How many conditional rules is too many?
Depends on the tool. Gravity Forms handles 100+ rules gracefully; I've seen 300+ work fine on modern hardware. Typeform starts feeling sluggish past 50 logic jumps. Jotform handles large forms well. Tally starts to struggle past 40-50 conditions. If you're building something truly complex (underwriting, multi-product configurators), budget your tool choice accordingly.
Can logic hide entire pages on multi-page forms?
Yes, in all six tools. The cleaner implementations are Gravity Forms, Typeform, and Jotform — where you can skip from any page to any page based on answers. Fillout and Tally support skip logic but with some constraints on bidirectional jumps. Formbricks is designed around adaptive flows and handles this natively.
Which is easiest to debug when logic breaks?
Jotform has the best visual logic editor — you can see the full decision tree at a glance. Typeform's logic view is almost as good. Gravity Forms' logic admin is dated and gets unwieldy on large forms — you'll learn to use the preview/test mode aggressively. Formbricks has a surprisingly clean visual logic debugger for an open-source tool.
Does conditional logic affect form performance?

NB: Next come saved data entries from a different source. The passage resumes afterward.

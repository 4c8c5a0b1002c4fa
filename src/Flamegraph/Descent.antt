-- ===== src/Flamegraph/Descent.antt =====
-- A node of `CompressedTrie` in source/flamegraph/src/graph.h whose total or value changes: it keeps the
-- invariant, and its sum changes by its value.
use mem_hawk.Prelude.{
  ℕ, ◌<◌, ◌≡◌, ◌≢◌, sym, ap, ◌∙◌, subst, List, [], arith, add64, length, set, length-set,
  get_or-set_self, get_or-set_ne,
}
use mem_hawk.Flamegraph.{CompressedTrie, Node, node_at, empty_node, span_elements}
use mem_hawk.Flamegraph.Spans.{IsInside}
use mem_hawk.Flamegraph.Sums.{value_sum, value_sum-set, share, set_self}
use mem_hawk.Flamegraph.Splitting.{keys_at, edges_at, address_at, IsTrie}
use native.Mathlib.Decide.{ℕ_discrete}

abbrev pub with_node : CompressedTrie → ℕ → Node → CompressedTrie
with_node t r node = record t { nodes = set t.nodes r node }

-- A node with the same span and edges.
module _ (r : ℕ) (node : Node) (addresses : List (List ℕ)) (t : CompressedTrie)
    (trie : IsTrie addresses t) (bound : r < length t.nodes)
    (same_path : node.path ≡ (node_at t r).path)
    (same_edges : node.edges ≡ (node_at t r).edges) where
  pub at_touched : node_at (with_node t r node) r ≡ node
  at_touched = get_or-set_self t.nodes r node empty_node bound

  pub at_untouched : (j : ℕ) → j ≢ r → node_at (with_node t r node) j ≡ node_at t j
  at_untouched j ne = get_or-set_ne t.nodes r j node empty_node (λ e. ne (sym e))

  touched_path : (j : ℕ) → (node_at (with_node t r node) j).path ≡ (node_at t j).path
  touched_path j = elim (ℕ_discrete j r) [
    | yes e ↦
        ap (λ i. (node_at (with_node t r node) i).path) e
        ∙ (ap (λ (z : Node). z.path) at_touched
            ∙ (same_path ∙ ap (λ i. (node_at t i).path) (sym e)))
    | no ne ↦ ap (λ (z : Node). z.path) (at_untouched j ne)
  ]

  touched_edges : (j : ℕ) → edges_at (with_node t r node) j ≡ edges_at t j
  touched_edges j = elim (ℕ_discrete j r) [
    | yes e ↦
        ap (edges_at (with_node t r node)) e
        ∙ (ap (λ (z : Node). z.edges) at_touched ∙ (same_edges ∙ ap (edges_at t) (sym e)))
    | no ne ↦ ap (λ (z : Node). z.edges) (at_untouched j ne)
  ]

  pub touched_keys : (j : ℕ) → keys_at (with_node t r node) j ≡ keys_at t j
  touched_keys j = ap (span_elements t.paths) (touched_path j)

  pub with_node-IsTrie : IsTrie addresses (with_node t r node)
  with_node-IsTrie = record {
    same_length = omega (arith, trie.same_length, length-set t.nodes r node);
    inside = λ i h.
        subst (IsInside (length t.paths)) (sym (touched_path i))
          (trie.inside i (omega (arith, length-set t.nodes r node)));
    tree =
        let keys : keys_at (with_node t r node) ≡ keys_at t = λ i j. touched_keys j i in
        let edges : edges_at (with_node t r node) ≡ edges_at t = λ i j. touched_edges j i in
        rw (length-set t.nodes r node, keys, edges) trie.tree;
  }

  pub value_sum-with_node :
      (q : List ℕ)
      → add64
          (value_sum q addresses (with_node t r node).nodes)
          (share q (address_at addresses r) (node_at t r).value)
        ≡ add64 (value_sum q addresses t.nodes) (share q (address_at addresses r) node.value)
  value_sum-with_node q =
      ap
        (λ z.
          add64 (value_sum q z (with_node t r node).nodes)
            (share q (address_at addresses r) (node_at t r).value))
        (sym (set_self addresses r []))
      ∙ value_sum-set q addresses t.nodes r (address_at addresses r) node empty_node
          trie.same_length bound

It can, but not the way most people think. The logic evaluation itself is negligible. What hurts performance is rendering — if logic hides 80 fields by default and shows 20, the DOM still has 100 fields loaded. On very large forms (100+ fields with heavy logic), use multi-page forms to defer rendering rather than cramming everything into a single long form. All six tools support multi-page forms; use them.